Pahlawan Atmosukarto – Ia adalah satu dari 21 pemuda yang gugur, dalam pertempuran Kotabaru pada Oktober 1945, karena Jepang masih berkuasa di Yogya meski pada Agustus proklamasi kemerdekaan RI telah dilakukan di Jakarta. Serbuan Kotabaru adalah gerakan bersenjata pertama yang dilakukan oleh rakyat Indonesia setelah Proklamasi Kemerdekaan. Serbuan tersebut ditujukan untuk merebut senjata dari tangan pasukan Jepang yang masih bertahan di Yogyakarta. Ibarat pembuka jalan, Serbuan Kotabaru mempelopori munculnya gerakan bersenjata di daerah lain untuk mengusir penjajah dari Indonesia dan bahkan berkembang menjadi perjuangan diplomatik untuk menegakkan dan membela Negara Kesatuan Republik Indonesia yang sudah memproklamasikan kemerdekaan pada 17 Agustus 1945. Serbuan Kotabaru terjadi akibat keresahan rakyat Yogyakarta yang merasa kedaulatan NKRI di DIY belum tercapai penuh karena masih ada pasukan Jepang dengan persenjataan lengkap. Rakyat Yogyakarta yang sudah menyatakan bergabung dengan NKRI pun merasa perlu melakukan pemindahan kekuasaan dari Jepang. Berbagai upaya untuk peralihan kekuasaan dilakukan, mulai dari pengibaran bendera Merah Putih di sepanjang Jalan Malioboro hingga Kotabaru, serta upaya damai dengan perundingan agar Jepang menyerahkan senjata. Namun, upaya tersebut tidak membuahkan hasil sehingga rakyat pun memutuskan untuk menggunakan cara kekerasan guna merampas senjata dari pasukan Jepang.

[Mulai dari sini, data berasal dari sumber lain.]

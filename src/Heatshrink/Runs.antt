-- ===== src/Heatshrink/Runs.antt =====
-- `compress` and `decompress` of src/compression.rs with a crate that stores the bytes.
use marlin_binary_transfer.Common.{◌≡◌, refl, err}
use marlin_binary_transfer.Text.{codes}
use marlin_binary_transfer.Heatshrink.{Heatshrink, invalid_parameters, validate, compress}
use marlin_binary_transfer.Heatshrink.RoundTrip.{Outcome, decompress-compress}

abbrev stored : Heatshrink
stored = record {
  min_window_bits = 4;
  max_window_bits = 15;
  min_lookahead_bits = 3;
  encode = λ window lookahead bytes. bytes;
  decode = λ window lookahead bytes. bytes;
}

decompress-compress_example : Outcome stored (codes "G28") 8 4
decompress-compress_example = decompress-compress stored (codes "G28") 8 4 (λ bytes e. refl)

-- The last of the tests of src/compression.rs.
lookahead_of_window : compress stored (codes "G28") 8 8 ≡ err (invalid_parameters 8 8)
unfolding compress validate
lookahead_of_window = refl
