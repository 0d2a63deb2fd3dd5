-- ===== src/Session.antt =====
-- Layer 2, src/session.rs: the sans-I/O session.
pub mod State
pub mod Lines
pub mod Operations
pub mod Build
pub mod Valid
pub mod Keeps
pub mod Chunks
pub mod Calls
pub mod Reach
pub mod Fifo
pub mod Replies
pub mod Timers
pub mod Synced
pub mod Handshake
mod Runs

Meski diancam, Jepang memilih tidak menyerahkan senjata karena belum memperoleh izin dari Jenderal Nakamura yang bermarkas di Magelang. Atas kondisi tersebut, keadaan di sekitar markas tentara Jepang yang berada di Kotabaru semakin genting. Rakyat yang tidak sabar dan tidak ingin terjebak dalam strategi licik Jepang dengan mengulur-ulur waktu kemudian memutuskan untuk melakukan penyerbuan ke markas tentara Jepang. Letusan granat ke markas tentara Jepang menjadi penanda dimulainya serbuan. Serangan yang terjadi sejak subuh itu pun berlangsung sengit karena Jepang yang memiliki persenjataan lengkap melakukan perlawanan. Meskipun demikian, rakyat Indonesia dapat memenangi pertarungan tersebut setelah tentara Jepang menyerah dan menyerahkan senjata. Kedua belah pihak harus kehilangan banyak pasukan akibat serangan yang berlangsung sengit. Indonesia kehilangan 21 pejuang, sedangkan di pihak lawan, 27 tentara tewas. Pejuang Indonesia yang tewas dalam serangan tersebut adalah Trimo, Djoewadi, Faridan M Noto, Soeparno, Soenardjo, Mohammad Saleh, Djasman, Djohar Noerhadi, Bagong Ngadikan, Sabirin, Amat Djazuli, Oemoem Kalipan, Atmosukarto, Sudjijono, I Dewa Nyoman Oka, Sarwoko, Soebarman, Mohammad Wardani, Soeroto, Aboebakar Ali dan Soepadi.
(Sumber: https://web.facebook.com/sejarahjogja/photos/a.1782200808674964/2769349459960089/?type=3&_rdc=1&_rdr).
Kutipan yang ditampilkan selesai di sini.